How is it performing?
Has it experienced changes in its environment (physical force, heat, cold, etc.)? The ability to know the status of every asset in real time is critical. Device data forms the foundation of the digital infrastructure, and can be leveraged throughout the supply chain, within manufacturing and distribution processes, and informs how and where a customer is using an asset. Customer usage data will become increasingly important as more assets are offered to customers with postsale services or even as an asset-as-a-service.
And yet, companies may not value IoT properly. When asked to rate the importance of IoT projects, only 27.2 percent of respondents indicated IoT was Critically Important to their business priorities.

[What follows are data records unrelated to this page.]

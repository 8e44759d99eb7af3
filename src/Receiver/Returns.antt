-- ===== src/Receiver/Returns.antt =====
-- The parts of `Extract` return, or panic: none of them uses up its fuel.
use tssdgo.Prelude.{
  ℕ, ◌+◌, ◌-◌, Option, none, some, List, [], length, drop, ltb, ◌==◌, not, ℤ, pos, negsuc,
}
use tssdgo.Wire.{
  Schema, Error, Result, ok, err, panic, beyond, stuck, tarraym_head_length,
  fragment_min_header_size,
}
use tssdgo.Wire.Code
use tssdgo.Buffer.{Buffer}
use tssdgo.Buffer.Read.{read}
use tssdgo.Buffer.Read.Returns.{
  Returns, Returns->>=, if-Returns, byte_at-Returns, read-Returns, read_byte-Returns,
  check_dump_sizet-Returns, check_dump_size-Returns,
}
use tssdgo.TypeInfo.{Value}
use tssdgo.TypeInfo.Dump.{
  Tag, same, negative, mismatch, tag_of, mem_dump_as, mem_dump, recover, read_or, string_dump,
  str_dump, is_count, dump,
}
use tssdgo.Head.{schema_info, schema_value}
use tssdgo.Receiver.{RBuffer, Step, known}
use tssdgo.Receiver.Extract.{
  slice, ArrayHead, found_array, no_array, ◌>>>◌, is_insufficient, schema_buffer, set_heads,
  with_schema, parse_schema, parse_heads_at, parse_heads, parse_payload_at, parse_payload,
  set_checksum, parse_checksum_at, parse_checksum, cut_fragment, validate, validated,
  check_fragment, unmarshal_fragment,
}

mem_dump_as-Returns : (g : Tag) (n : ℕ) (b : Buffer) (d : Value) → Returns (mem_dump_as g n b d)
mem_dump_as-Returns same n b d =
    if-Returns (ltb b.size n) _ _ tt (Returns->>= (read n b) _ (read-Returns n b) λ x. tt)
mem_dump_as-Returns negative n b d = tt
mem_dump_as-Returns mismatch n b d = tt

mem_dump-Returns : (t n : ℕ) (b : Buffer) (d : Value) → Returns (mem_dump t n b d)
unfolding mem_dump
mem_dump-Returns t n b d =
    Returns->>= _ _ (read_byte-Returns b) λ (x, c). mem_dump_as-Returns (tag_of x t) n c d

recover-Returns :
    (old : List ℕ) (b : Buffer) (r : Result (List ℕ × Buffer))
    → Returns r
    → Returns (recover old b r)
recover-Returns old b (ok p) h = tt
recover-Returns old b (err e) h = tt
recover-Returns old b panic h = tt
recover-Returns old b beyond h = tt
recover-Returns old b stuck h = h

string_dump-Returns : (b : Buffer) → Returns (string_dump b)
unfolding string_dump
string_dump-Returns b = Returns->>= _ _ (check_dump_sizet-Returns b) λ (n, c). sized n c
  where
    sized :
        (n : ℤ) (c : Buffer)
        → Returns {A = List ℕ × Buffer} (elim n [ pos k ↦ read_or [] k c | negsuc k ↦ panic ])
    sized (pos k) c = recover-Returns [] c (read k c) (read-Returns k c)
    sized (negsuc k) c = tt

-- What is done by the tag of the first byte.
by_tag-Returns {ℓ} :
    {A : Type ℓ} (g : Tag) (r s t : Result A)
    → Returns r
    → Returns s
    → Returns t
    → Returns (elim g [ same ↦ r | negative ↦ s | mismatch ↦ t ])
by_tag-Returns same r s t h i j = h
by_tag-Returns negative r s t h i j = i
by_tag-Returns mismatch r s t h i j = j

str_dump-Returns : (b : Buffer) (d : Value) → Returns (str_dump b d)
unfolding str_dump
str_dump-Returns b d = Returns->>= _ _ (read_byte-Returns b) λ (x, c).
    by_tag-Returns (tag_of x Code.string) _ _ _ (Returns->>= _ _ (string_dump-Returns c) λ y. tt) tt
      tt

module _ (parse : List ℕ → Option ℕ) where
  dump_schema-Returns :
      (b : Buffer) (s : Schema) → Returns (dump parse schema_info b (schema_value s))
  unfolding dump
  dump_schema-Returns b s = Returns->>= _ _ (read_byte-Returns b) λ (x, c).
      by_tag-Returns (tag_of x Code.object) _ _ _
        (Returns->>= _ _ (check_dump_size-Returns c) λ (sizet, n, b2).
          if-Returns (is_count n 4) _ _
            (Returns->>= _ _
              (Returns->>= _ _ (mem_dump-Returns _ _ b2 _) λ (v1, b3).
                Returns->>= _ _
                  (Returns->>= _ _ (str_dump-Returns b3 _) λ (v2, b4).
                    Returns->>= _ _
                      (Returns->>= _ _ (str_dump-Returns b4 _) λ (v3, b5).
                        Returns->>= _ _ (Returns->>= _ _ (str_dump-Returns b5 _) λ (v4, b6). tt)
                          λ y. tt)
                      λ y. tt)
                  λ y. tt)
              λ y. tt)
            tt)
        tt tt

known-Returns : (o : Option ℕ) → Returns (known o)
known-Returns none = tt
known-Returns (some n) = tt

slice-Returns : (lo n : ℕ) (bs : List ℕ) → Returns (slice lo n bs)
slice-Returns lo n bs = if-Returns (ltb (length bs) (lo + n)) _ _ tt tt

pub Returns->>> :
    (s : Step) (next : RBuffer → Step)
    → Returns s
    → ((r : RBuffer) → Returns (next r))
    → Returns (s >>> next)
Returns->>> (ok (more, none, r)) next h k = k r
Returns->>> (ok (more, some e, r)) next h k = tt
Returns->>> (err e) next h k = tt
Returns->>> panic next h k = tt
Returns->>> beyond next h k = tt
Returns->>> stuck next h k = h

module _ (parse : List ℕ → Option ℕ) (checksum_func : List ℕ → List ℕ) where
  set_heads-Returns :
      (start cursor : ℕ) (h : ArrayHead) (r : RBuffer)
      → Returns (set_heads parse checksum_func start cursor h r)
  set_heads-Returns start cursor (found_array n) r = tt
  set_heads-Returns start cursor (no_array more e) r = tt

  with_schema-Returns :
      (start cursor len : ℕ) (m : Result (Value × Buffer)) (r : RBuffer)
      → Returns m
      → Returns (with_schema parse checksum_func start cursor len m r)
  with_schema-Returns start cursor len (ok (v, b)) r h = set_heads-Returns start _ _ _
  with_schema-Returns start cursor len (err e) r h = if-Returns (is_insufficient e) _ _ tt tt
  with_schema-Returns start cursor len panic r h = tt
  with_schema-Returns start cursor len beyond r h = tt
  with_schema-Returns start cursor len stuck r h = h

  parse_schema-Returns :
      (start : ℕ) (r : RBuffer) → Returns (parse_schema parse checksum_func start r)
  unfolding parse_schema
  parse_schema-Returns start r = Returns->>= _ _ (byte_at-Returns r.data_bytes (start + 7)) λ t.
      if-Returns (not (t == Code.schema)) _ _ tt (
        Returns->>= _ _ (slice-Returns start 5 r.data_bytes) λ name.
          Returns->>= _ _ (slice-Returns (start + 5) 2 r.data_bytes) λ version.
            with_schema-Returns start (start + 8) _ _ _
              (dump_schema-Returns parse (schema_buffer (drop (start + 8) r.data_bytes)) r.schema))

  parse_heads_at-Returns :
      (o start : Option ℕ) (r : RBuffer) → Returns (parse_heads_at parse checksum_func o start r)
  parse_heads_at-Returns (some n) start r = tt
  parse_heads_at-Returns none start r =
      if-Returns (ltb (length r.data_bytes) fragment_min_header_size) _ _ tt
        (Returns->>= _ _ (known-Returns start) λ i. parse_schema-Returns i r)

  parse_payload_at-Returns :
      (o : Option ℕ) (start heads n : ℕ) (r : RBuffer)
      → Returns (parse_payload_at parse checksum_func o start heads n r)
  parse_payload_at-Returns (some p) start heads n r = tt
  parse_payload_at-Returns none start heads n r =
      if-Returns (ltb (length r.data_bytes - start) (heads + n)) _ _ tt tt

  set_checksum-Returns :
      (start at before : ℕ) (h : ArrayHead) (r : RBuffer)
      → Returns (set_checksum parse checksum_func start at before h r)
  set_checksum-Returns start at before (no_array more e) r = tt
  set_checksum-Returns start at before (found_array n) r =
      if-Returns (ltb (length r.data_bytes - start) (before + tarraym_head_length + n)) _ _ tt tt

  parse_checksum_at-Returns :
      (o : Option ℕ) (start heads n p : ℕ) (r : RBuffer)
      → Returns (parse_checksum_at parse checksum_func o start heads n p r)
  parse_checksum_at-Returns (some c) start heads n p r = tt
  parse_checksum_at-Returns none start heads n p r =
      set_checksum-Returns start (p + n) (heads + n) _ r

  cut_fragment-Returns : (r : RBuffer) → Returns (cut_fragment parse checksum_func r)
  unfolding cut_fragment
  cut_fragment-Returns r = Returns->>= _ _ (known-Returns r.magic_at) λ start.
      Returns->>= _ _ (known-Returns r.heads_len) λ heads.
        Returns->>= _ _ (known-Returns r.payload_len) λ n.
          Returns->>= _ _ (known-Returns r.checksum_len)
            λ c. Returns->>= _ _ (slice-Returns start (heads + n + c) r.data_bytes) λ frame. tt

  validated-Returns : (r : RBuffer) (o : Option Error) → Returns (validated parse checksum_func r o)
  validated-Returns r none = tt
  validated-Returns r (some e) = tt

  check_fragment-Returns : (r : RBuffer) → Returns (check_fragment parse checksum_func r)
  unfolding check_fragment validate
  check_fragment-Returns r = Returns->>= _ _ (cut_fragment-Returns r) λ f.
      Returns->>= _ _
        (Returns->>= _ _ (if-Returns (ltb (length f.checksum) tarraym_head_length) _ _ tt tt)
          λ sum. tt)
        λ o. validated-Returns r o

  -- `unmarshalFragment`
  pub unmarshal_fragment-Returns :
      (r : RBuffer) → Returns (unmarshal_fragment parse checksum_func r)
  unfolding unmarshal_fragment parse_heads parse_payload parse_checksum
  unmarshal_fragment-Returns r =
      Returns->>> _ _
        (Returns->>> _ _
          (Returns->>> _ _ (parse_heads_at-Returns r.heads_len r.magic_at r) λ r1.
            Returns->>= _ _ (known-Returns r1.magic_at) λ start.
              Returns->>= _ _ (known-Returns r1.heads_len) λ h.
                Returns->>= _ _ (known-Returns r1.payload_len)
                  λ n. parse_payload_at-Returns r1.payload start h n r1)
          λ r2. Returns->>= _ _ (known-Returns r2.magic_at) λ start.
            Returns->>= _ _ (known-Returns r2.heads_len) λ h.
              Returns->>= _ _ (known-Returns r2.payload_len) λ n.
                Returns->>= _ _ (known-Returns r2.payload)
                  λ p. parse_checksum_at-Returns r2.checksum start h n p r2)
        check_fragment-Returns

Source: Futurum Research, Bridging the IoT Perception Gap, Survey of 500 IT/OT Professionals
Individually, IT and OT perceive the business importance of IoT slightly differently, with OT focused respondents having both a greater percent of Critically Important (29 percent) and Not Very Important (12.2% percent) responses than IT focused respondents.
Source: Futurum Research, IT/OT for IoT Survey, September, 2017 Source: Futurum Research, Bridging the IoT Perception Gap, Survey of 500 IT/OT Professionals
By industry, Media & Technology rated IoT Critically Import the highest (33.3 percent), while Public Sector rated it the lowest (23 percent). While the value of IoT is well understood in the Media & Technology, Banking & Financial Services, and Healthcare/Pharma sectors, we believe the importance to the Public Sector – particularly in areas such as smart cities and public safety – is very high and underestimated by survey respondents.
Value Gap - Bottom Line
IoT has the potential to bring vast amounts of operational and customer data to the table, yielding valuable and actionable insights in nearreal time. Yet, while a majority of organizations surveyed rate IoT as a Very or Critically Important driver of achieving business priorities, a third of respondents do not. There could be several factors at work here. It is possible that enterprises are still experimenting with IoT, and those initiatives are still in the test phase. However IoT, and in particular Industrial IoT, has been a core operational requirement for years in many industries, such as manufacturing, energy and utilities, and transportation. In this case, it may be that IoT initiatives are not correctly understood or categorized (ex: measurement and sensors as distinct from IoT). It may also be that IoT isn’t valued for the foundational role it can play in the capturing of data. If this is the case, the value of data, from the supply chain to the customer and the connection between IoT and business value must be more clearly understood and articulated—particularly within the operational side of a business.